EssamWisam / cmp-docs

A comprehensive guide for prospective, current and past students in the computer engineering department of Cairo university.
https://cmp-docs.pages.dev
52 stars 8 forks source link

⏰ Reminder to Run LinkedIn Scraper #76

Open github-actions[bot] opened 2 days ago

github-actions[bot] commented 2 days ago

It's been two weeks.

It's time to run the LinkedIn script to get the latest titles and current positions of CMP students and graduates.

To run the script follow the steps below and if it's not your first time running the script, you can just start from step 4:

Steps for running the LinkedIn script:

  1. Make sure you have Python 3 downloaded on your device. You can check by running the command below in your bash terminal and it should display the Python version if it is already installed.
    python --version
  2. Install all the needed Python packages using the requirements.txt present in the scripts/linkedin-scraper directory.
    pip install -r "scripts/linkedin-scraper/requirements.txt"
  3. Download the Chrome Driver that is compatible with your OS and Chrome Version from this link. It should be a zip file of about 10 MBs or less. Extract it using WinRAR or a similar archive manager. Then copy the chromedriver.exe file to the scripts/linkedin-scraper directory.
  4. Set the enivronment variables with valid LinkedIn credentials in the bash terminal as following:
    export LINKEDIN_SCRAPER_EMAIL=<email>
    export LINKEDIN_SCRAPER_PASSWORD=<password>

    and replace <email> and <password> with the actual LinkedIn credentials. Note, you should probably avoid using your main LinkedIn account credentials to avoid running the risk of it being banned by LinkedIn after multiple scraping.

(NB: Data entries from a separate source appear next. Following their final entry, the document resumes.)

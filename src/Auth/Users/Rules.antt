-- ===== src/Auth/Users/Rules.antt =====
-- What a call of the service of users leaves in the table: a rule for each way to put calls together.
-- A statement keeps a property where the others keep it and the statement does.
mod Core
mod Calls
pub use Core.*
pub use Calls.*
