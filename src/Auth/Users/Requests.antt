-- ===== src/Auth/Users/Requests.antt =====
-- The requests to the service of users that write, one after another.
use komachi.Base.{Text, List, [], ◌∷◌, pure, ◌>>=◌}
use komachi.Auth.Users.Store.{Setup, World, Call, UserError}
use komachi.Auth.Users.Store
use komachi.Auth.Users.Creation.{
  create_user, init_default_admin, get_or_create_remote_user, reset_admin_user_password,
  invite_user, complete_invite,
}
use komachi.Auth.Users.Edits.{update_user, update_password, delete_user, change_own_password}

pub data Request : Type 0 where
  create : Text → Text → Text → Text → Request
  init_admin : Text → Text → Text → Request
  remote : Text → Text → Text → Request
  reset_admin : Text → Text → Request
  invite : Text → Text → Text → Request
  complete : Text → Text → Request
  update : Text → Text → Text → Text → Text → Request
  set_password : Text → Text → Request
  change_password : Text → Text → Text → Request
  delete : Text → Request
  consume_code : Text → List Text → List Text → Request
  set_pending_secret : Text → Text → Request
  enable_codes : Text → Text → List Text → Request
  disable_codes : Text → Request

abbrev pub drop_answer : {A : Type 0} → Call A → Call (Unit {0})
drop_answer m = m >>= λ _. pure tt

unfoldable pub perform : Setup → Request → Call (Unit {0})
perform c (create username email password role) =
    drop_answer (create_user c username email password role)
perform c (init_admin username email password) = init_default_admin c username email password
perform c (remote identifier email role) =
    drop_answer (get_or_create_remote_user c identifier email role)
perform c (reset_admin username email) = drop_answer (reset_admin_user_password c username email)
perform c (invite username email role) = drop_answer (invite_user c username email role)
perform c (complete id password) = complete_invite c id password
perform c (update id username email password role) =
    drop_answer (update_user c id username email password role)
perform c (set_password id password) = update_password c id password
perform c (change_password id old new) = change_own_password c id old new
perform c (delete id) = delete_user c id
perform c (consume_code id old new) = drop_answer (Store.consume_recovery_code_hash c id old new)
perform c (set_pending_secret id secret) = Store.set_pending_totp_secret c id secret
perform c (enable_codes id secret hashes) = Store.enable_totp c id secret hashes
perform c (disable_codes id) = Store.disable_totp c id

-- A request that fails does not keep the next from being served.
unfoldable pub perform_all : Setup → List Request → World → World
perform_all c [] w = w
perform_all c (r ∷ rs) w = perform_all c rs (perform c r w).1
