-- ===== src/Auth/Users/Kept/Columns.antt =====
-- The requests that change other columns than those that identify a user, with what they keep.
use komachi.Base.{refl, Bool, Text, List}
use komachi.Auth.Users.Store
use komachi.Auth.Users.Store.{
  User, Users, UserError, Setup, World, Call, Statement, statement, at_step, answer_or_fault,
  or_failed, select, set_where, write, update_columns, has_id, has_role, role_admin, swap_hashes,
  holds_hashes, not_found, already_exists, invalid_credentials, password_too_short,
  remote_user_email_conflict, user_store_unavailable, failed, invalid_role, admin_cannot_be_deleted,
  last_admin_cannot_be_demoted, editor_limit_reached,
}
use komachi.Auth.Users.Transactions.{bound}
use komachi.Auth.Users.Valid.{KeepsKeys}
use komachi.Auth.Users.Rules.{
  Keeps, Relies, bind-Leaves, statement-Leaves, new_hash-Leaves, lookup-Leaves, lookup_user-Leaves,
  require-Keeps,
}
use komachi.Auth.Users.Edits.{update_password, change_own_password}

module _ (I : Users → Type 0) (R : Setup → Type 0) (relies : (c : Setup) → R c → Relies I c)
    (binds : (c : Setup) → R c → R (bound c))
    (columns : (q : User → Bool) (f : User → User)
      → KeepsKeys f
      → (rows : Users) → I rows
      → I (set_where q f rows)) where
  same : (rows : Users) → I rows → I rows
  same rows i = i

  -- a lookup, for any setup
  pub find-Keeps : (c : Setup) → R c → (p : User → Bool) → Keeps I (statement c (select p))
  find-Keeps c r p = lookup-Leaves I I c (relies c r) p same

  pub write-Keeps :
      (c : Setup)
      → R c
      → (q : User → Bool) (f : User → User) → KeepsKeys f
      → Keeps I (statement c (write q f))
  unfolding write
  write-Keeps c r q f k = statement-Leaves I c (write q f) (relies c r) same (columns q f k)

  pub update_columns-Keeps :
      (c : Setup)
      → R c
      → (id : Text) (f : User → User) → KeepsKeys f
      → Keeps I (update_columns c id f)
  unfolding update_columns
  update_columns-Keeps c r id f k =
      bind-Leaves I (find-Keeps c r (has_id id)) (λ _. write-Keeps c r (has_id id) f k)

  pub swap_hashes-Keeps :
      (c : Setup)
      → R c
      → (id : Text) (old new : List Text) → Keeps I (Store.consume_recovery_code_hash c id old new)
  unfolding swap_hashes
  swap_hashes-Keeps c r id old new =
      statement-Leaves I c (swap_hashes id old new) (relies c r) same (
        columns (holds_hashes id old) (λ r. record r { totp_recovery_code_hashes = new })
          (record { id = λ r. refl; username = λ r. refl; email = λ r. refl; role = λ r. refl }))

  pub set_password-Keeps :
      (c : Setup) → R c → (id hash : Text) → Keeps I (Store.update_password c id hash)
  set_password-Keeps c r id hash =
      update_columns-Keeps c r id (λ r. record r { password = hash })
        (record { id = λ r. refl; username = λ r. refl; email = λ r. refl; role = λ r. refl })

  pub set_must-Keeps :
      (c : Setup) → R c → (id : Text) (b : Bool) → Keeps I (Store.set_must_set_password c id b)
  set_must-Keeps c r id b =
      update_columns-Keeps c r id (λ r. record r { must_set_password = b })
        (record { id = λ r. refl; username = λ r. refl; email = λ r. refl; role = λ r. refl })

  pub update_password-Keeps :
      (c : Setup) → R c → (id password : Text) → Keeps I (update_password c id password)
  unfolding update_password
  update_password-Keeps c r id password =
      bind-Leaves I (find-Keeps c r (has_id id)) λ _.
        bind-Leaves I (new_hash-Leaves I c same password) λ hash. set_password-Keeps c r id hash

  pub change_own_password-Keeps :
      (c : Setup) → R c → (id old new : Text) → Keeps I (change_own_password c id old new)
  unfolding change_own_password
  change_own_password-Keeps c r id old new =
      bind-Leaves I (lookup_user-Leaves I (find-Keeps c r (has_id id)) (λ u. same)) λ u.
        bind-Leaves I (require-Keeps I (c.compare_hash u.password old) invalid_credentials)
          λ _. bind-Leaves I (new_hash-Leaves I c same new) λ hash. set_password-Keeps c r id hash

  5. Finally, you can run the script on all the class yaml files using the command below:
    python "scripts/linkedin-scraper/run.py" 

    and if you want to run the script for a certain class only, use the command below and replace 20XX with the graduation year of said class:

    python "scripts/linkedin-scraper/linkedin-scraper.py" "public/department/Extras/Classes/C20XX.yaml"

Last Notes:

EssamWisam commented 2 days ago

@Iten-No-404 This is to mention that it's sincerely appreciated that you are doing this. Thanks a lot!

Do you think we can rather make this update monthly or every six weeks? My impression is that the site is still not sufficiently popular to the extent that people are actively looking to see who isn't working at the moment to help (but inshAllah one day it could be). I'm feeling that the status quo could be that people just checks where graduates are working at and maybe reaches out. For this, I don't think precision in time matters a lot.

Iten-No-404 commented 2 days ago

@EssamWisam, You're very welcome. Unless the mock LinkedIn account gets blocked again, I should have this done on Friday insha'allah.

Yes, I get your point. I can easily change it to a monthly reminder. On the other hand, making it every six weeks might be a little challenging since cron expressions don't directly support weeks (the same issue as with the 2 weeks previously).

Once we believe that more people are using it, we can increase the frequency of the runs again. Thank you for your thoughtfulness and have a good day.